Spot rates are rising, and there is cause for concern for those relying on Named Account Contracts for freight being moved from Europe, Asia and North America heading to Australia, New Zealand and globally. Some lines are putting these contracts on the back burner in favour of higher-priced spot rate containers as they attempt to allocate tight space and get containers moving on heavily booked vessels. Asia to USA trade spot rates are currently sitting at USD 10K per FEU while Asia to Europe are sitting at USD 12K. July GRIs of USD 3000 per FEU are an indication that the rates could easily reach the USD 20K mark in coming months.

 

Booking Cancellation Fees have also been implemented by Shipping Lines from various loading ports to eliminate bookings being made in advance for more space than is needed, with shippers then cancelling the excess space at the 11th hour. One of the best ways to avoid this - and navigate the other complexities of the current global situation - is to have regular contact with your Client Success Manager or Client Service Specialist to ensure you have the best advice in relation to scheduling, pricing and options.

 

North Asia

 

Following the negative impact of COVID-19, Yantian International Container Terminal (YICT) reportedly resumed normal operations as of 25 June. However, it is not yet back to normal as there is a huge amount of container backlog. In the period, operations at the port reduced with more than 343 sailings omitted Yantian. As a result, Shekou and Nansha Ports were also heavily impacted, and delays remain an issue. Carriers such as Hyundai will not be calling into Yantian until the end of July and no bookings are being taken from that port until mid-July to allow the backlog to ease.

 

Guangzhou area is deteriorating, with more COVID cases being reported. As Nansha Port is located in this area, operations there are impacted and vessel delays of five days and upwards are to be expected in the coming weeks.

 

In Shanghai, Authorities have suspended the land transport of containerised non-essential dangerous goods following a fire in the port. This suspension is currently in effect until 2 July, and it is expected the hiatus will allow for improvements in the safety of transporting dangerous goods cargo such as lithium batteries, one of the key cargo items affected by the suspension.

 

The airfreight market is currently unusual in that despite the ongoing congestion, delay and disruption issues with sea freight, demand for air space has slowed. It appears many shippers are not taking the option of converting sea shipments to air shipments to circumvent port congestions. We suspect this could be because prices remain stubbornly high and keeping shipping costs low is still a primary goal for many importers and exporters.

 

In terms of air freight costs, the Fuel Surcharge ex HKG is increasing to HKD2.00 per kg from 1 July. With sea freight, shipping lines have also announced a GRI of USD 500 per TEU from July ex North Asia and we expect this will pass.

 

 

South East Asia

 

This market is similar to the majority of overseas ports in the degree of difficulty. Malaysia is currently in COVID-19 lockdown which is due to be lifted 28 June, however, the flow-on effect of congestion is likely to persist for some time as there is a large volume of cargo backlog to shift.

 

India, Pakistan and Bangladesh are also all experiencing congestion from the combination of lockdowns, equipment shortages and high demand for space. Major transshipment ports also remain plagued by equipment shortages and delays of approximately 2-3 weeks. We have no indication this will change in the immediate future.

 

Costs continue to escalate, with shipping lines introducing a GRI ex India and Pakistan to AU and NZ at USD 500 per TEU effective 1 July.

 

North America

 

The USA is currently breaking records in relation to import volumes, with a new benchmark set of a 45.6% increase from May 2020 to May 2021. This makes for challenges in terms of the flow of equipment and goods, but the major vessel backlog seen over recent months is beginning to ease from the February peak of 40 vessels waiting to dock at Southern California ports.

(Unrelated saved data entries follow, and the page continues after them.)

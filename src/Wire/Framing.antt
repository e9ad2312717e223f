-- ===== src/Wire/Framing.antt =====
-- The frame that the parser sees where a sender has put a packet.
use counter_drone_streaming.Base.{
  ℕ, zero, suc, ◌+◌, ◌≤◌, ◌<◌, ◌≡◌, refl, sym, ◌∙◌, ap, arith, Bool, true, false, List, [], ◌∷◌,
  ◌++◌, length, take, drop, All, All-append, Bool-cases, inl, inr, ◌==◌, if◌then◌else◌,
  length-append, take-length-append, drop-length-append, append_assoc, ==_iff,
}
use Prim.Native.Nat.{bit_xor}
use counter_drone_streaming.Ring.Valid.{IsByte}
use counter_drone_streaming.Telemetry.{Telemetry, packet_header}
use counter_drone_streaming.Bytes.{bytes_le}
use counter_drone_streaming.Bytes.BigEndian.{bytes_be, length-bytes_be, bytes_be-All}
use counter_drone_streaming.Payload.Decode.{field}
use counter_drone_streaming.Crc.{crc_bit, crc_bits, crc_byte, crc_loop, compute_crc16}
use counter_drone_streaming.Crc.Xor.{bit_xor-lt, bit_xor-injective, zero-bit_xor, bit_xor_comm}
use counter_drone_streaming.Crc.Detect.{compute_crc16-append, compute_crc16_lem, crc_loop-lt}
use counter_drone_streaming.Client.Frame.{corrupt, packet, frame}
use counter_drone_streaming.Wire.{
  serialize_payload, raw_packet, build_packet, crc16_modbus, crc16_bytes, crc16_rounds,
}
use counter_drone_streaming.Wire.RoundTrip.{
  IsSendable, field_front, field_skip, length-serialize_payload,
}

rounds_lem : (n c : ℕ) → crc16_rounds n c ≡ crc_bits n c
unfolding crc16_rounds crc_bits crc_bit
rounds_lem zero c = refl
rounds_lem (suc n) c = rounds_lem n _

bytes_lem : (c : ℕ) (bs : List ℕ) → crc16_bytes c bs ≡ crc_loop c bs
unfolding crc16_bytes crc_loop crc_byte
bytes_lem c [] = refl
bytes_lem c (b ∷ bs) =
    ap (λ k. crc16_bytes k bs) (rounds_lem 8 (bit_xor c b))
    ∙ bytes_lem (crc_bits 8 (bit_xor c b)) bs

-- The load test's crc16_modbus and the server's compute_crc16 agree on every string of bytes.
pub crc16_modbus_lem :
    (bs : List ℕ) → All IsByte bs → crc16_modbus bs ≡ compute_crc16 bs (length bs)
unfolding crc16_modbus
crc16_modbus_lem bs h =
    omega (arith, bytes_lem 0xFFFF bs, compute_crc16_lem bs, crc_loop-lt 0xFFFF bs (omega arith) h)

length-raw_packet : (p : List ℕ) → length (raw_packet p) ≡ length p + 4
unfolding raw_packet
length-raw_packet p = simp (length-append, length-bytes_be) (omega arith)

-- A packet with the checksum `c` behind it, and whatever follows.
module _ (p : List ℕ) (c : ℕ) (rest : List ℕ) (pos : 0 < length p) (small : length p ≤ 256)
    (fits : c < 65536) where
  stream : List ℕ
  stream = raw_packet p ++ (bytes_be 2 c ++ rest)

  header_lem : field 2 0 stream ≡ packet_header
  unfolding stream raw_packet
  header_lem = rw append_assoc (field_front 2 packet_header _ (omega arith))

  length_lem : field 2 2 stream ≡ length p
  unfolding stream raw_packet
  length_lem =
      rw (append_assoc, append_assoc)
        (field_skip (bytes_be 2 packet_header) _ 2 0 2
            (omega (arith, length-bytes_be 2 packet_header))
          ∙ field_front 2 (length p) _ (omega arith))

  crc_lem : field 2 (length p + 4) stream ≡ c
  unfolding stream
  crc_lem =
      field_skip (raw_packet p) _ 2 0 _ (omega (arith, length-raw_packet p))
      ∙ field_front 2 c rest fits

  payload_lem : take (length p) (drop 4 stream) ≡ p
  unfolding stream raw_packet
  payload_lem =
      let front = bytes_be 2 packet_header ++ bytes_be 2 (length p) in
      let tail_bytes = bytes_be 2 c ++ rest in
      let four : 4 ≡ length front = omega (
        arith,
        length-append (bytes_be 2 packet_header) (bytes_be 2 (length p)),
        length-bytes_be 2 packet_header,
        length-bytes_be 2 (length p),
      ) in
      let whole : raw_packet p ++ tail_bytes ≡ front ++ (p ++ tail_bytes) = simp append_assoc in
      ap (λ t. take (length p) (drop 4 t)) whole
      ∙ ap (λ k. take (length p) (drop k (front ++ (p ++ tail_bytes)))) four
      ∙ ap (take (length p)) (drop-length-append front (p ++ tail_bytes))
      ∙ take-length-append p tail_bytes

  length-stream : length p + 6 ≤ length stream
  unfolding stream
  length-stream = omega (
    arith,
    length-append (raw_packet p) (bytes_be 2 c ++ rest),
    length-append (bytes_be 2 c) rest,
    length-bytes_be 2 c,
    length-raw_packet p,
  )

  checksum_lem :
      compute_crc16 stream (length p + 4) ≡ compute_crc16 (raw_packet p) (length (raw_packet p))
  unfolding stream
  checksum_lem =
      compute_crc16-append (length p + 4) (raw_packet p) _ (omega (arith, length-raw_packet p))
      ∙ ap (compute_crc16 (raw_packet p)) (sym (length-raw_packet p))

  pub frame-raw_packet :
      frame (raw_packet p ++ (bytes_be 2 c ++ rest))
      ≡ (if c == compute_crc16 (raw_packet p) (length (raw_packet p)) then packet p else corrupt)
  unfolding stream frame
  frame-raw_packet =
      ground (arith, header_lem, length_lem, crc_lem, payload_lem, length-stream, checksum_lem)

module _ (t : Telemetry) (s : IsSendable t) where
  payload_bytes : All IsByte (serialize_payload t)
  unfolding serialize_payload
  payload_bytes =
      let num = λ (v : ℕ). bytes_be-All 8 v in
      All-append IsByte (bytes_be 2 (length t.drone_id)) _ (bytes_be-All 2 (length t.drone_id)) (
        All-append IsByte t.drone_id _ s.name (
          All-append IsByte (bytes_be 8 t.latitude) _ (num t.latitude) (
            All-append IsByte (bytes_be 8 t.longitude) _ (num t.longitude) (
              All-append IsByte (bytes_be 8 t.altitude) _ (num t.altitude)
                (All-append IsByte (bytes_be 8 t.speed) _ (num t.speed) (num t.timestamp))))))

  raw_bytes : All IsByte (raw_packet (serialize_payload t))
  unfolding raw_packet
  raw_bytes = All-append IsByte (bytes_be 2 packet_header) _ (bytes_be-All 2 packet_header) (
      All-append IsByte (bytes_be 2 (length (serialize_payload t))) _
        (bytes_be-All 2 (length (serialize_payload t))) payload_bytes)

  checksum : ℕ
  checksum =
      compute_crc16 (raw_packet (serialize_payload t)) (length (raw_packet (serialize_payload t)))

  checksum-lt : checksum < 65536
  unfolding checksum
  checksum-lt = omega (
    arith,
    compute_crc16_lem (raw_packet (serialize_payload t)),
    crc_loop-lt 0xFFFF (raw_packet (serialize_payload t)) (omega arith) raw_bytes,
  )

  framed :
      (c : ℕ) (rest : List ℕ)
      → c < 65536
      → frame (raw_packet (serialize_payload t) ++ (bytes_be 2 c ++ rest))
        ≡ (if c == checksum then packet (serialize_payload t) else corrupt)
  unfolding checksum
  framed c rest fits =
      let size = length-serialize_payload t in
      frame-raw_packet (serialize_payload t) c rest (omega (arith, size))
        (omega (arith, size, s.short)) fits

  -- The sender's way to spoil a checksum changes it.
  spoiled : (bit_xor checksum 0xBEEF == checksum) ≡ false
  spoiled = elim (Bool-cases (bit_xor checksum 0xBEEF == checksum)) [
    | inl same ↦
        let e : bit_xor 0xBEEF checksum ≡ bit_xor 0 checksum =
          bit_xor_comm 0xBEEF checksum ∙ (==_iff _ _).0 same ∙ sym (zero-bit_xor checksum) in
        absurd (omega (arith, bit_xor-injective 0xBEEF 0 checksum e))
    | inr other ↦ other
  ]

  -- Whatever follows it, a packet that the sender built from a record (a name of at most 214
  -- bytes, numbers of 64 bits) is framed as its payload, or as corrupt where the sender spoiled
  -- the checksum.
  pub frame-build_packet :
      (bad : Bool) (rest : List ℕ)
      → frame (build_packet t bad ++ rest) ≡ (if bad then corrupt else packet (serialize_payload t))
  unfolding build_packet checksum
  frame-build_packet false rest =
      rw (append_assoc, crc16_modbus_lem (raw_packet (serialize_payload t)) raw_bytes)
        (framed checksum rest checksum-lt ∙ rw ((==_iff checksum checksum).1 refl))
  frame-build_packet true rest =
      rw (append_assoc, crc16_modbus_lem (raw_packet (serialize_payload t)) raw_bytes)
        (framed (bit_xor checksum 0xBEEF) rest
            (bit_xor-lt 16 checksum 0xBEEF checksum-lt (omega arith))
          ∙ rw spoiled)

pub build_packet-All : (t : Telemetry) (bad : Bool) → IsSendable t → All IsByte (build_packet t bad)
unfolding build_packet
build_packet-All t bad s =
    All-append IsByte (raw_packet (serialize_payload t)) _ (raw_bytes t s) (bytes_be-All 2 _)

pub length-build_packet :
    (t : Telemetry) (bad : Bool) → length (build_packet t bad) ≡ length (serialize_payload t) + 6
unfolding build_packet
length-build_packet t bad = simp (length-append, length-bytes_be, length-raw_packet) (omega arith)

-- Every packet begins with the first byte of the header.
pub build_packet-cons :
    (t : Telemetry) (bad : Bool) → build_packet t bad ≡ 0xAA ∷ drop 1 (build_packet t bad)
unfolding build_packet raw_packet bytes_be bytes_le
build_packet-cons t bad = refl
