-- ===== src/Wire/Recovery.antt =====
-- A stream of sent packets through the scan: in full, behind noise, and behind a spoiled packet.
use counter_drone_streaming.Base.{
  ℕ, ◌≡◌, ◌≢◌, refl, sym, ◌∙◌, ap, arith, true, false, List, [], ◌∷◌, ◌++◌, drop, All, All-drop,
  some, ◌==◌, append_assoc, append-nil, drop-append, drop-length-append,
}
use counter_drone_streaming.Ring.Valid.{IsByte}
use counter_drone_streaming.Telemetry.{Telemetry}
use counter_drone_streaming.Bytes.BigEndian.{value_be}
use counter_drone_streaming.Payload.Decode.{field}
use counter_drone_streaming.Client.{Outputs, emit}
use counter_drone_streaming.Client.Frame.{Event, bad_crc, payload, next, scan, report, reports}
use counter_drone_streaming.Client.Scan.{scan-some, scan-none}
use counter_drone_streaming.Client.Front.{next_no_header, next_few}
use counter_drone_streaming.Wire.{serialize_payload, build_packet}
use counter_drone_streaming.Wire.RoundTrip.{IsSendable, decode-serialize_payload}
use counter_drone_streaming.Wire.Framing.{
  frame-build_packet, length-build_packet, build_packet-cons, build_packet-All,
}

-- What a sender writes for some records, one after the other.
unfoldable pub packets : List Telemetry → List ℕ
packets [] = []
packets (t ∷ ts) = build_packet t false ++ packets ts

unfoldable pub delivered : List Telemetry → List Event
delivered [] = []
delivered (t ∷ ts) = payload (serialize_payload t) ∷ delivered ts

next-build_packet :
    (t : Telemetry) (rest : List ℕ)
    → IsSendable t
    → next (build_packet t false ++ rest) ≡ some (payload (serialize_payload t) ∷ [], rest)
unfolding next
next-build_packet t rest s =
    rw (frame-build_packet t s false rest, next, ← length-build_packet t false)
      (rw (drop-length-append (build_packet t false) rest))

next-spoiled :
    (t : Telemetry) (rest : List ℕ)
    → IsSendable t
    → next (build_packet t true ++ rest) ≡ some (bad_crc ∷ [], drop 1 (build_packet t true) ++ rest)
unfolding next
next-spoiled t rest s =
    rw (frame-build_packet t s true rest, next)
      (rw (drop-append 1 (build_packet t true) rest (omega (arith, length-build_packet t true))))

-- Packets are found where they stand, each once and in order, and what follows is scanned next.
pub scan-packets :
    (ts : List Telemetry) (rest : List ℕ)
    → All IsSendable ts
    → scan (packets ts ++ rest) ≡ (delivered ts ++ (scan rest).0, (scan rest).1)
unfolding packets delivered
scan-packets [] rest s = refl
scan-packets (t ∷ ts) rest (s, ss) =
    let first =
      scan-some (build_packet t false ++ (packets ts ++ rest)) _ (packets ts ++ rest)
        (next-build_packet t (packets ts ++ rest) s) in
    rw (append_assoc, first, scan-packets ts rest ss)

pub scan-packets_end :
    (ts : List Telemetry) → All IsSendable ts → scan (packets ts) ≡ (delivered ts, [])
scan-packets_end ts s =
    ap scan (sym (append-nil (packets ts)))
    ∙ scan-packets ts [] s
    ∙ rw (scan-none [] (next_few [] (omega arith)), append-nil)

-- A byte that cannot begin a header.
abbrev pub IsNoise : ℕ → Type 0
IsNoise b = b ≢ 0xAA

no_header :
    (b c : ℕ) (bs : List ℕ) → IsNoise b → IsByte c → (field 2 0 (b ∷ c ∷ bs) == 0xAA55) ≡ false
unfolding field value_be
no_header b c bs h k = ground arith

-- Noise before a byte that may begin a header is dropped and reported to nobody.
pub scan-noise :
    (junk rest : List ℕ)
    → All IsNoise junk
    → All IsByte junk
    → scan (junk ++ (0xAA ∷ rest)) ≡ scan (0xAA ∷ rest)
scan-noise [] rest n b = refl
scan-noise (j ∷ []) rest (n, _) (b, _) =
    scan-some (j ∷ 0xAA ∷ rest) [] (0xAA ∷ rest)
      (next_no_header _ (omega arith) (no_header j 0xAA rest n (omega arith)))
scan-noise (j ∷ k ∷ junk) rest (n, ns) (b, bs) =
    scan-some (j ∷ k ∷ (junk ++ (0xAA ∷ rest))) [] (k ∷ (junk ++ (0xAA ∷ rest)))
      (next_no_header _ (omega arith) (no_header j k _ n bs.0))
    ∙ scan-noise (k ∷ junk) rest ns bs

report-delivered :
    (t : Telemetry) (o : Outputs)
    → IsSendable t
    → report (payload (serialize_payload t)) o ≡ emit t o
unfolding report
report-delivered t o s = rw (decode-serialize_payload t s, report)

-- The sent records reach the parsed queue, in order, and nothing else is put out.
pub reports-delivered :
    (ts : List Telemetry) (o : Outputs)
    → All IsSendable ts
    → reports (delivered ts) o ≡ record o { parsed = o.parsed ++ ts }
unfolding reports delivered
reports-delivered [] o s = ap (λ l. record o { parsed = l }) (sym (append-nil o.parsed))
reports-delivered (t ∷ ts) o (s, ss) =
    ap (reports (delivered ts)) (report-delivered t o s)
    ∙ reports-delivered ts (emit t o) ss
    ∙ ap (λ l. record o { parsed = l }) (append_assoc o.parsed (t ∷ []) ts)

packets-cons :
    (t : Telemetry) (ts : List Telemetry)
    → packets (t ∷ ts) ≡ 0xAA ∷ (drop 1 (build_packet t false) ++ packets ts)
unfolding packets
packets-cons t ts = ap (λ l. l ++ packets ts) (build_packet-cons t false)

-- Bytes other than 0xAA before one or more packets change nothing: the packets are delivered,
-- nothing else is reported and nothing is left.
pub scan-junk-packets :
    (junk : List ℕ) (t : Telemetry) (ts : List Telemetry)
    → All IsNoise junk
    → All IsByte junk
    → All IsSendable (t ∷ ts)
    → scan (junk ++ packets (t ∷ ts)) ≡ (delivered (t ∷ ts), [])
scan-junk-packets junk t ts n b s =
    ap (λ l. scan (junk ++ l)) (packets-cons t ts)
    ∙ scan-noise junk _ n b
    ∙ ap scan (sym (packets-cons t ts))
    ∙ scan-packets_end (t ∷ ts) s

-- A packet with a spoiled checksum, of which no byte but the first is 0xAA, is reported once as a
-- failure, and every packet of the one or more behind it is still delivered, nothing else being
-- reported.
pub scan-spoiled-packets :
    (bad t : Telemetry) (ts : List Telemetry)
    → IsSendable bad
    → All IsNoise (drop 1 (build_packet bad true))
    → All IsSendable (t ∷ ts)
    → scan (build_packet bad true ++ packets (t ∷ ts)) ≡ (bad_crc ∷ delivered (t ∷ ts), [])
scan-spoiled-packets bad t ts sb n s =
    let rest = drop 1 (build_packet bad true) in
    let after =
      scan-junk-packets rest t ts n (All-drop IsByte 1 _ (build_packet-All bad true sb)) s in
    scan-some _ (bad_crc ∷ []) (rest ++ packets (t ∷ ts)) (next-spoiled bad (packets (t ∷ ts)) sb)
    ∙ rw after
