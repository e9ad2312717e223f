-- ===== src/Parser/Records.antt =====
-- The records that the parser of src/streamingParser.cpp puts out, among what it tells.
use counter_drone_streaming.Base.{
  ℕ, zero, suc, ℤ, List, [], ◌∷◌, ◌++◌, some, none, All, ◌≡◌, refl, sym, ◌∙◌, ap, append_assoc,
  append-nil, replicate, Option-cases, inl, inr,
}
use counter_drone_streaming.Telemetry.{Telemetry}
use counter_drone_streaming.Payload.Decode.{decode}
use counter_drone_streaming.Client.{Outputs}
use counter_drone_streaming.Client.Frame.{Event, bad_crc, payload, report}
use counter_drone_streaming.Parser.Spec.{Notice, saw, gone, overrun, tell, tells}
use counter_drone_streaming.Wire.{serialize_payload}
use counter_drone_streaming.Wire.RoundTrip.{IsSendable, decode-serialize_payload}
use counter_drone_streaming.Wire.Recovery.{delivered}

-- The records among some events, and among all that is told.
unfoldable pub record_of : Event → List Telemetry
record_of bad_crc = []
record_of (payload p) = elim (decode p) [ some t ↦ t ∷ [] | none ↦ [] ]

abbrev pub records_in : List Event → List Telemetry
records_in [] = []
records_in (ev ∷ evs) = record_of ev ++ records_in evs

abbrev pub records_told : List (ℤ × Notice) → List Telemetry
records_told [] = []
records_told ((j, saw ev) ∷ ns) = record_of ev ++ records_told ns
records_told ((j, gone) ∷ ns) = records_told ns
records_told ((j, overrun tried free) ∷ ns) = records_told ns

report-parsed : (ev : Event) (o : Outputs) → (report ev o).parsed ≡ o.parsed ++ record_of ev
unfolding report record_of
report-parsed bad_crc o = sym (append-nil o.parsed)
report-parsed (payload p) o = elim (Option-cases (decode p)) [
  | inl bad ↦ rw (bad, report, record_of) (sym (append-nil o.parsed))
  | inr (t, good) ↦ rw (good, report, record_of) refl
]

pub tells-parsed :
    (ns : List (ℤ × Notice)) (o : Outputs) → (tells ns o).parsed ≡ o.parsed ++ records_told ns
unfolding tells tell
tells-parsed [] o = sym (append-nil o.parsed)
tells-parsed ((j, saw ev) ∷ ns) o =
    tells-parsed ns (report ev o)
    ∙ ap (λ ts. ts ++ records_told ns) (report-parsed ev o)
    ∙ append_assoc o.parsed (record_of ev) (records_told ns)
tells-parsed ((j, gone) ∷ ns) o = tells-parsed ns _
tells-parsed ((j, overrun tried free) ∷ ns) o = tells-parsed ns _

pub records_in-append :
    (es fs : List Event) → records_in (es ++ fs) ≡ records_in es ++ records_in fs
records_in-append [] fs = refl
records_in-append (ev ∷ es) fs =
    ap (λ ts. record_of ev ++ ts) (records_in-append es fs)
    ∙ sym (append_assoc (record_of ev) (records_in es) (records_in fs))

pub records_in-fails : (n : ℕ) → records_in (replicate n bad_crc) ≡ []
unfolding record_of
records_in-fails zero = refl
records_in-fails (suc n) = records_in-fails n

record_of-serialize_payload :
    (t : Telemetry) → IsSendable t → record_of (payload (serialize_payload t)) ≡ t ∷ []
unfolding record_of
record_of-serialize_payload t s = rw (decode-serialize_payload t s, record_of) refl

pub records_in-delivered :
    (ts : List Telemetry) → All IsSendable ts → records_in (delivered ts) ≡ ts
unfolding delivered
records_in-delivered [] s = refl
records_in-delivered (t ∷ ts) (s, ss) =
    rw (record_of-serialize_payload t s) (ap (λ us. t ∷ us) (records_in-delivered ts ss))
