-- ===== src/Tests/Data.antt =====
-- Small configurations, modules and files, which the tests of the services, the loaders and the
-- validators share.
use art_platform.Common.{true, false, Option, none, some, List, [], ◌∷◌}
use art_platform.Model.States.{ModuleState}
use art_platform.Model.Resources.{ResourceType, ResourceIdentifier}
use art_platform.Model.Assemblies.{AssemblyConfiguration}
use art_platform.Model.Modules.{
  PlatformFileIdentifier, AssembledArtifact, ModuleFile, ModuleConfigurationDraft, Module,
}

abbrev pub cluster : ResourceIdentifier
cluster = record { id = 1; name = "cluster"; type = ResourceType.open_shift_resource }

abbrev pub artifact : AssembledArtifact
artifact = record {
  name = "shop";
  version = "1.0";
  external_id = record { id = "shop/1.0"; resource_id = cluster };
}

-- A draft with the given files.
abbrev pub draft : Option (List ModuleFile) → ModuleConfigurationDraft
draft files = record {
  resource_id = cluster;
  artifact = artifact;
  name = some "shop";
  url = none;
  parameters = none;
  count = 1;
  ports = some (8080 ∷ 8081 ∷ []);
  prepared_configurations = none;
  manual_configurations = none;
  additional_files = files;
  applications = none;
  has_parameters = none;
  has_url = some false;
  has_ports = some true;
  has_string_configurations = none;
  has_probe = none;
  probes_configuration = none;
}

abbrev pub module_with : Option (List PlatformFileIdentifier) → Module
module_with files = record {
  information = record {
    id = 5;
    name = "shop";
    project_id = 3;
    resource_id = cluster;
    internal_ip = "10.0.0.1";
    external_id = record { id = "shop"; resource_id = cluster };
    artifact = artifact;
    parameters = none;
    url = none;
    count = 1;
    ports = none;
    port_mappings = none;
    prepared_configurations = none;
    manual_configurations = none;
    additional_files = files;
    state = ModuleState.run;
    update_time_stamp = none;
  };
  applications = none;
  probes_configuration = none;
}

abbrev pub certificate : ModuleFile
certificate = record { name = "certificate"; bytes = 1 ∷ 2 ∷ [] }

abbrev pub key : ModuleFile
key = record { name = "key"; bytes = 3 ∷ [] }

abbrev pub certificate_id : PlatformFileIdentifier
certificate_id = record { id = 10; name = "certificate" }

abbrev pub key_id : PlatformFileIdentifier
key_id = record { id = 11; name = "key" }

abbrev pub assembly : AssemblyConfiguration
assembly = record {
  id = 1;
  artifact_configurations = some [];
  technology = some "gradle";
  gradle_configuration = none;
  default_resource_id = some cluster;
}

By mid-June it was down to 10  a significant improvement.

 

This could however be a short-lived reprieve as holiday peak is just around the corner, and we do expect issues to again emerge as the Asia to USA trade lane makes the most significant impact on import volumes.

 

On the good news front, BAL Container Line and China United Shipping Co will begin new services in July, and Hamburg Sud are launching a new service on the South East Asia to South Atlantic trade lane.

 

On the not-so-good news front, shipping line space generally is being sold out between three to four weeks in advance. There have been instances where bookings are being made well in advance of the sailing, and shipping lines are cancelling those bookings at the very last minute just before the empty equipment is scheduled for delivery to be packed.

 

Rates in the USA are soaring further for land transport, and domestic trucking is struggling to cope with the volumes of cargo moving across the country and an ongoing shortage of drivers. Some carriers are turning away business as they cannot meet demand. For sea freight, a GRI of USD 200 per TEU from 1 July is expected to pass.

 

We cannot stress enough that being in regular contact with your Client Success Manager or Customer Service Specialist is vital for effective planning and finding options when flexibility is required due to changing circumstances.

 

 

Europe and the UK

 

For several years, the UK has struggled with a shortage of truck drivers and this situation has escalated rapidly in recent months with the estimated driver shortfall rising from 70,000 persons to 100,000. This has been exacerbated by the cancellation of 30,000 testing slots for new drivers due to COVID-19 lockdowns. Currently, the government is taking action to address the driver shortage and resolve testing delays, and this will start to relieve this seriously strained link in the supply chain.

 

In Europe, the ongoing port congestion in Hamburg or Rotterdam has resulted in 2M Partners MSC and Maersk advising they will be omitting Hamburg Port on their AE7/Condor Loop to Asia. They have included Bremerhaven as the alternative. Antwerp is experiencing slight issues; however, it currently seems to be the only port in the North Europe schedule that does not have major congestion.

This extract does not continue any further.